Goal of the exercise: Using the entries that follow, collect the lines where the word "false" appears.

Start of Input records

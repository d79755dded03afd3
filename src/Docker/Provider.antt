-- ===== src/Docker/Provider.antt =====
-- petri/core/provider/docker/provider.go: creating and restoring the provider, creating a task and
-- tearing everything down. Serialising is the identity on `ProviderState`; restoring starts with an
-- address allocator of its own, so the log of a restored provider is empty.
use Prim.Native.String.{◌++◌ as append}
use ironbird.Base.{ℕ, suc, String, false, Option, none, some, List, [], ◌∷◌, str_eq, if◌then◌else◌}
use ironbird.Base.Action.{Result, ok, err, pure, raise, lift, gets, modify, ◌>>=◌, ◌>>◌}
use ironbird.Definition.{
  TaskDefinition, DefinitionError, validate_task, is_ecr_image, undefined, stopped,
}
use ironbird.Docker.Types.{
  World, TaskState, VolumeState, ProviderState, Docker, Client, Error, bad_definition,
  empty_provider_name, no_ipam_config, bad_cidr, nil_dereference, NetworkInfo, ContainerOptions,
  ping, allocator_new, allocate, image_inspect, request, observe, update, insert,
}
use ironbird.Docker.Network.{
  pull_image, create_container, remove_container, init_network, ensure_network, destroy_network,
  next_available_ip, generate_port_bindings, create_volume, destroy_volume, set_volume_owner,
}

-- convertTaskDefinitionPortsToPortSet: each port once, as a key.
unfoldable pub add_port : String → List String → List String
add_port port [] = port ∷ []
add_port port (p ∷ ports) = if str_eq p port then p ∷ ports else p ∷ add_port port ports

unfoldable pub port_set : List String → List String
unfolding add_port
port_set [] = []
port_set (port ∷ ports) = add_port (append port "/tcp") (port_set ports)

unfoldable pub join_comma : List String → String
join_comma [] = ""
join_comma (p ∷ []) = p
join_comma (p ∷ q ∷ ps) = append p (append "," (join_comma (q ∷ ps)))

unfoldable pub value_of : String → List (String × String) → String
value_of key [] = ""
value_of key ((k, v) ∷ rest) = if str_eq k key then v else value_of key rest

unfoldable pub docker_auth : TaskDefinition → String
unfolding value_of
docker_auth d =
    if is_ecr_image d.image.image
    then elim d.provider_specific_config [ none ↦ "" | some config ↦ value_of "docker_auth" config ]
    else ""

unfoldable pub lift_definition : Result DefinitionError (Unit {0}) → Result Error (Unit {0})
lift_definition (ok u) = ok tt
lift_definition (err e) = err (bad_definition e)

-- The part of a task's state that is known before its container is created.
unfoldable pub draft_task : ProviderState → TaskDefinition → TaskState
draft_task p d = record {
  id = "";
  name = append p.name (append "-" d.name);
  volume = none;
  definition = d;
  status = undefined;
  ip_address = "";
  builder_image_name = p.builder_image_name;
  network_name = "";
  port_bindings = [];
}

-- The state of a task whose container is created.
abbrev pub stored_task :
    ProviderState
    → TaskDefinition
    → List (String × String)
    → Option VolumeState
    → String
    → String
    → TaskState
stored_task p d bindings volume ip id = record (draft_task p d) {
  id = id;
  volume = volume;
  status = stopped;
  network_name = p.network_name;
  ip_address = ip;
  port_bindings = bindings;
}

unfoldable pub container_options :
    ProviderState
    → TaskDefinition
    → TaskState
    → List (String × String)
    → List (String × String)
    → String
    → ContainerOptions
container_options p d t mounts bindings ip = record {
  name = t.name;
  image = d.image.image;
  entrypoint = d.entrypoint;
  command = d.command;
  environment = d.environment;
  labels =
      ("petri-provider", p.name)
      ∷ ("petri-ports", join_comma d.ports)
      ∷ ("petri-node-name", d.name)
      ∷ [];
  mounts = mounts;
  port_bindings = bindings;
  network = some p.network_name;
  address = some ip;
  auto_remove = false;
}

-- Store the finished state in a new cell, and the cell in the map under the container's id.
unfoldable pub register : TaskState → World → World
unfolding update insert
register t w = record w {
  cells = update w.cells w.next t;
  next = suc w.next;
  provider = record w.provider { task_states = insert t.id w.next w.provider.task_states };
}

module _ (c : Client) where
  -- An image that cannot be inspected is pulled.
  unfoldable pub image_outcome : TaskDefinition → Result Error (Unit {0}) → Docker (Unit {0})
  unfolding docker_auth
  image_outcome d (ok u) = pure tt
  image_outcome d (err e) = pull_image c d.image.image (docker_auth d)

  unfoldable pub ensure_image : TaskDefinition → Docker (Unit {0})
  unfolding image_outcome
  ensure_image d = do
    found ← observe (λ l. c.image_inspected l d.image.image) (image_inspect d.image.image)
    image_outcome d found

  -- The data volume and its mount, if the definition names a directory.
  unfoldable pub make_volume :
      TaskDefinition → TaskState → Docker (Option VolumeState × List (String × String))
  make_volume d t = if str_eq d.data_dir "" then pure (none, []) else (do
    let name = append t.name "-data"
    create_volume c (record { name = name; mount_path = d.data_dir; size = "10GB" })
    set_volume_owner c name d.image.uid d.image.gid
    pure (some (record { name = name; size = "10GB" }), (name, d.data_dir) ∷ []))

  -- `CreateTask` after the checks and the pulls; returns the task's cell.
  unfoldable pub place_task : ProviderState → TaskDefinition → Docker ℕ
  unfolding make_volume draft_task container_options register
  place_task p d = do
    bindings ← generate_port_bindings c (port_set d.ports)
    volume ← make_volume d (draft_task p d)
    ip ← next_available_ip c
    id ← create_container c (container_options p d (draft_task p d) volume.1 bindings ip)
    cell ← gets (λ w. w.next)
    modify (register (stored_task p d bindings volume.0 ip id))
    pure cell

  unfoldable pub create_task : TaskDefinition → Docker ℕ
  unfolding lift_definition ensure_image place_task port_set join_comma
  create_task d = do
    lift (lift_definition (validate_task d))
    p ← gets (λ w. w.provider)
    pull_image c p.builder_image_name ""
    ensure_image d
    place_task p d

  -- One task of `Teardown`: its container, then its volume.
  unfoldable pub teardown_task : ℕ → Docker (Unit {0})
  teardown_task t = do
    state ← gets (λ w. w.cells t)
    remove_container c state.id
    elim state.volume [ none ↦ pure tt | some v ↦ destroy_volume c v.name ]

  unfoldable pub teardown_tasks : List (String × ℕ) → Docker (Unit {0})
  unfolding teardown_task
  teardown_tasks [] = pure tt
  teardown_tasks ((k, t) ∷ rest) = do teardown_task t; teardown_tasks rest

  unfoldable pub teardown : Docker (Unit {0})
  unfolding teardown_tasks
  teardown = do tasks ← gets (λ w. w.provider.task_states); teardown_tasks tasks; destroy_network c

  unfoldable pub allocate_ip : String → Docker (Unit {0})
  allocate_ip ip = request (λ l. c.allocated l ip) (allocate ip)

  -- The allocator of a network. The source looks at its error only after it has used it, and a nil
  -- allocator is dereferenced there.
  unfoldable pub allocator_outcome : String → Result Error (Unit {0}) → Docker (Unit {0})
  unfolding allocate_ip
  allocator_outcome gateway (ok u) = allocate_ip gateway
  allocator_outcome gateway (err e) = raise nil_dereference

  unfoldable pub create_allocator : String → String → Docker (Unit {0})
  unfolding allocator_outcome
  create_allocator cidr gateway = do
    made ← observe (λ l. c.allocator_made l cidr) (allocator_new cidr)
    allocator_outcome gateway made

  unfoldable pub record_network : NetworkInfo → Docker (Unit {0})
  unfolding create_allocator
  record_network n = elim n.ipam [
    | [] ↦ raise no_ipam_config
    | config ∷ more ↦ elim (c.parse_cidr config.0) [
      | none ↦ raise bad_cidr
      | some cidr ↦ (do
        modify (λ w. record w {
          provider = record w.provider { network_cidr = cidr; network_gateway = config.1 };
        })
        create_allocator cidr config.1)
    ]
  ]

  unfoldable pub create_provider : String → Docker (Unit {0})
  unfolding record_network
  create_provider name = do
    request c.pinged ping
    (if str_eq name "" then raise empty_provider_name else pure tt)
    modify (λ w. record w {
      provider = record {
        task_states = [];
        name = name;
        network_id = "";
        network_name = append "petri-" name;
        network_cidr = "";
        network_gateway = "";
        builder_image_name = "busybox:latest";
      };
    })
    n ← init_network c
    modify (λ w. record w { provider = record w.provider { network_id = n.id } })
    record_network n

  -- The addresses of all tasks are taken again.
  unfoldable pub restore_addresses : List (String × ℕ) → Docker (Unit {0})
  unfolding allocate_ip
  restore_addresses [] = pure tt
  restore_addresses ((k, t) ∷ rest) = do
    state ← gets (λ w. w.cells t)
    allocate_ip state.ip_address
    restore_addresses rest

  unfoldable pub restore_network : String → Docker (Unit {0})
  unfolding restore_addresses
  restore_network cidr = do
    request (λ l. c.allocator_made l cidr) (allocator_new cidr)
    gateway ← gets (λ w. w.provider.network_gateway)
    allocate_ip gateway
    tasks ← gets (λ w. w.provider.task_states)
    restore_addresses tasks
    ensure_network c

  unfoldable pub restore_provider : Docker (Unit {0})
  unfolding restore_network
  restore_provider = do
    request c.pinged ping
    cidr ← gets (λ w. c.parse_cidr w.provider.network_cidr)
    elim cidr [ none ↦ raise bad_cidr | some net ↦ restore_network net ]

End of Input records

Exercise result:
use ironbird.Base.{ℕ, suc, String, false, Option, none, some, List, [], ◌∷◌, str_eq, if◌then◌else◌}
  auto_remove = false;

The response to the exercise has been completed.